4) Why is America throwing billions more to companies that failed to bring in a fiber optic future?

5) Why are the prices overseas, especially the EU countries, a fraction of America’s wireless or broadband services?

6) The regulators have been captured by the corporations that are receiving billions in return, so any expectation that they will do the right thing — is wrong headed.

7) The data and analysis being used by the FCC, including the new chairman Brendan Carr, is based on the companies’ own information or mostly the coin-operated analysis that publish information to help the telco lobbying, pr, and public policy issues

And it is the use of the corporate funded, coin-operated research and consulting that pump out and parrot the telecom and cable party-line, including wireless statistics that are now the commonplace ‘answers’ as they sound plausible.

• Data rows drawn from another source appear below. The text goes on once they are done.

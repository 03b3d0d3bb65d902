-- ===== src/LogFlash.antt =====
-- port/stm32l4s5/b_l4s5i_log_flash.c: the persistent log, a ring of flash pages with slots of fixed
-- size, in the configuration for the external flash, whose driver is a parameter.
pub mod Format
pub mod Recover
pub mod Slot
pub mod Search
pub mod Best
pub mod Scan
pub mod Recovery
pub mod Writing
pub mod Reading
pub mod Dump
mod Examples
mod RestartExamples
use anbo_mos.Common.{
  ℕ, zero, suc, ◌+◌, ◌-◌, ◌*◌, ◌/◌, ◌%◌, ◌^◌, Bool, true, false, not, ◌&&◌, ◌||◌, Option, none,
  some, List, [], ◌∷◌, ◌==◌, ltb, leb, if◌then◌else◌, length, take, drop, min, add32, sub32,
}
use anbo_mos.LogFlash.Format.{
  slot_size, seq_empty, text_offset, text_capacity, word_at, slot_ok, build_slot, strip, seq_next,
  until_zero,
}

-- The macros of the configuration.
pub record Area : Type 0 where
  pub first_addr : ℕ
  pub page_size : ℕ
  pub num_pages : ℕ

-- The driver of the flash: what the buffer of `len` bytes holds after `BSP_OSPI_Read`, and
-- `BSP_OSPI_PageProgram` and `BSP_OSPI_SectorErase`.
pub record Flash {ℓ} (Mem : Type ℓ) : Type ℓ where
  pub read_bytes : Mem → (addr len : ℕ) → List ℕ
  pub page_program : Mem → (addr : ℕ) → List ℕ → Bool × Mem
  pub sector_erase : Mem → (addr : ℕ) → Bool × Mem

-- The static variables.
pub record Cursors : Type 0 where
  pub cur_page : ℕ
  pub cur_slot : ℕ
  pub seq_counter : ℕ
  pub head_page : ℕ
  pub head_slot : ℕ
  pub inited : Bool

module _ {ℓ} {Mem : Type ℓ} (g : Area) (d : Flash Mem) where
  abbrev pub slots_per_page : ℕ
  slots_per_page = g.page_size / slot_size

  unfoldable pub page_addr : ℕ → ℕ
  page_addr pg = sub32 g.first_addr ((pg * g.page_size) % 2 ^ 32)

  abbrev pub slot_addr : (pg s : ℕ) → ℕ
  slot_addr pg s = add32 (page_addr pg) ((s * slot_size) % 2 ^ 32)

  abbrev pub slot_at : Mem → (pg s : ℕ) → List ℕ
  slot_at m pg s = d.read_bytes m (slot_addr pg s) slot_size

  unfoldable pub slot_seq : Mem → (pg s : ℕ) → ℕ
  unfolding word_at
  slot_seq m pg s = word_at (d.read_bytes m (slot_addr pg s) 4) 0

  unfoldable pub slot_is_empty : Mem → (pg s : ℕ) → Bool
  unfolding slot_seq
  slot_is_empty m pg s = slot_seq m pg s == seq_empty

  unfoldable pub page_is_empty : Mem → (pg : ℕ) → Bool
  unfolding slot_is_empty
  page_is_empty m pg = slot_is_empty m pg 0

  abbrev pub slot_read_valid : Mem → (pg s : ℕ) → Bool
  slot_read_valid m pg s = slot_ok (slot_at m pg s)

  unfoldable pub erase_page : Mem → (pg : ℕ) → Bool × Mem
  erase_page m pg = d.sector_erase m (page_addr pg)

  -- The page to write to: the next one, emptied, if the current one is full. `false` is a failed
  -- erase.
  unfoldable pub next_page : Mem → Cursors → Bool × (Mem × Cursors)
  unfolding page_is_empty erase_page
  next_page m c =
      let next = (c.cur_page + 1) % g.num_pages in
      let (done, m') = erase_page m next in
      let head =
        if c.head_page == next
        then record c { head_page = (next + 1) % g.num_pages; head_slot = 0 }
        else c in
      if ltb c.cur_slot slots_per_page
      then (true, (m, c))
      else if page_is_empty m next
      then (true, (m, record c { cur_page = next; cur_slot = 0 }))
      else if done
      then (true, (m', record head { cur_page = next; cur_slot = 0 }))
      else (false, (m', c))

  unfoldable pub write_slot : Mem → Cursors → (text : List ℕ) → ℕ × (Mem × Cursors)
  unfolding build_slot seq_next
  write_slot m c text =
      let (done, m') =
        d.page_program m (slot_addr c.cur_page c.cur_slot) (build_slot c.seq_counter text) in
      if done
      then (
        length text,
        (m', record c { seq_counter = seq_next c.seq_counter; cur_slot = c.cur_slot + 1 }),
      )
      else (0, (m', c))

  unfoldable pub write : Mem → Cursors → List ℕ → ℕ × (Mem × Cursors)
  unfolding strip next_page write_slot
  write m c bytes =
      let (ready, (m', c')) = next_page m c in
      if not c.inited || (length bytes == 0 || length (strip bytes) == 0)
      then (0, (m, c))
      else if ready
      then write_slot m' c' (take text_capacity (strip bytes))
      else (0, (m', c'))

  -- The inner loop of `BSP_LogFlash_Read` with `n` rounds left: the next valid slot of the page.
  unfoldable pub find_in_page : (n si pg : ℕ) → Mem → Option ℕ
  unfolding slot_is_empty
  find_in_page zero si pg m = none
  find_in_page (suc n) si pg m =
      let rest = find_in_page n (si + 1) pg m in
      if slot_is_empty m pg si then none else if slot_read_valid m pg si then some si else rest

  -- The outer loop, with `n` pages left to visit.
  unfoldable pub find_in_pages : (n pg si : ℕ) → Mem → Option (ℕ × ℕ)
  unfolding find_in_page
  find_in_pages zero pg si m = none
  find_in_pages (suc n) pg si m = elim (find_in_page (slots_per_page - si) si pg m) [
    | some s ↦ some (pg, s)
    | none ↦ find_in_pages n ((pg + 1) % g.num_pages) 0 m
  ]

  abbrev pub ctx_done : ℕ
  ctx_done = 2 ^ 32 - 1

  -- The position that a context stands for: 0 is the head.
  unfoldable pub ctx_place : Cursors → (ctx : ℕ) → ℕ × ℕ
  ctx_place c ctx =
      if ctx == 0 then (c.head_page, c.head_slot) else (ctx / 2 ^ 16 % 2 ^ 16, ctx % 2 ^ 16)

  unfoldable pub ctx_of : (pg si : ℕ) → ℕ
  ctx_of pg si = pg % 2 ^ 16 * 2 ^ 16 + si % 2 ^ 16

  unfoldable pub place_after : (pg si : ℕ) → ℕ × ℕ
  place_after pg si =
      if leb slots_per_page (si + 1) then ((pg + 1) % g.num_pages, 0) else (pg, si + 1)

  -- The context after the slot `si` of `pg` was read.
  unfoldable pub ctx_after : Mem → Cursors → (pg si : ℕ) → ℕ
  unfolding ctx_of place_after slot_is_empty
  ctx_after m c pg si =
      let (pg', si') = place_after pg si in
      if (pg' == c.cur_page && si' == c.cur_slot)
        || (ltb si' slots_per_page && slot_is_empty m pg' si')
      then ctx_done
      else ctx_of pg' si'

  -- The text copied out, up to its end, and the new context; the result is the length of the text.
  unfoldable pub read : Mem → Cursors → (buf_size ctx : ℕ) → List ℕ × ℕ
  unfolding find_in_pages ctx_place ctx_after until_zero
  read m c buf_size ctx =
      let (pg, si) = ctx_place c ctx in
      if buf_size == 0 || ctx == ctx_done
      then ([], ctx)
      else elim (find_in_pages g.num_pages pg si m) [
        | none ↦ ([], ctx_done)
        | some (pg', si') ↦ (
          until_zero (take (min text_capacity buf_size) (drop text_offset (slot_at m pg' si'))),
          ctx_after m c pg' si',
        )
      ]

  abbrev pub zeroed : Cursors → Cursors
  zeroed c = record c { cur_page = 0; cur_slot = 0; seq_counter = 0; head_page = 0; head_slot = 0 }

  unfoldable pub erase_pages : (n pg : ℕ) → Mem → Bool × Mem
  unfolding page_is_empty erase_page
  erase_pages zero pg m = (true, m)
  erase_pages (suc n) pg m =
      let (done, m') = erase_page m pg in
      let rest = erase_pages n (pg + 1) (if page_is_empty m pg then m else m') in
      if page_is_empty m pg || done then rest else (false, m')

  unfoldable pub erase : Mem → Cursors → Bool × (Mem × Cursors)
  unfolding erase_pages
  erase m c =
      let (done, m') = erase_pages g.num_pages 0 m in (done, (m', if done then zeroed c else c))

Meanwhile, the phone and cable companies have been able to say almost anything they want without repercussions, so AT&T can leave out, or manipulate the numbers presented about everything from the shutting off of the copper wires to even an accurate accounting of the number of lines or customers harmed

In this let’s be blunt world — this is not ‘the emperor has no clothes’; this is now ‘the emperor is naked’ — and basic obvious questions have been obscured from view, or worse, the history has been ignored or hidden.

With the ACP low-income government subsidies having ended and the BEAD money may or may not be secure over the next 5 years, we will go through some of the basic questions we posed and what next steps should be taken.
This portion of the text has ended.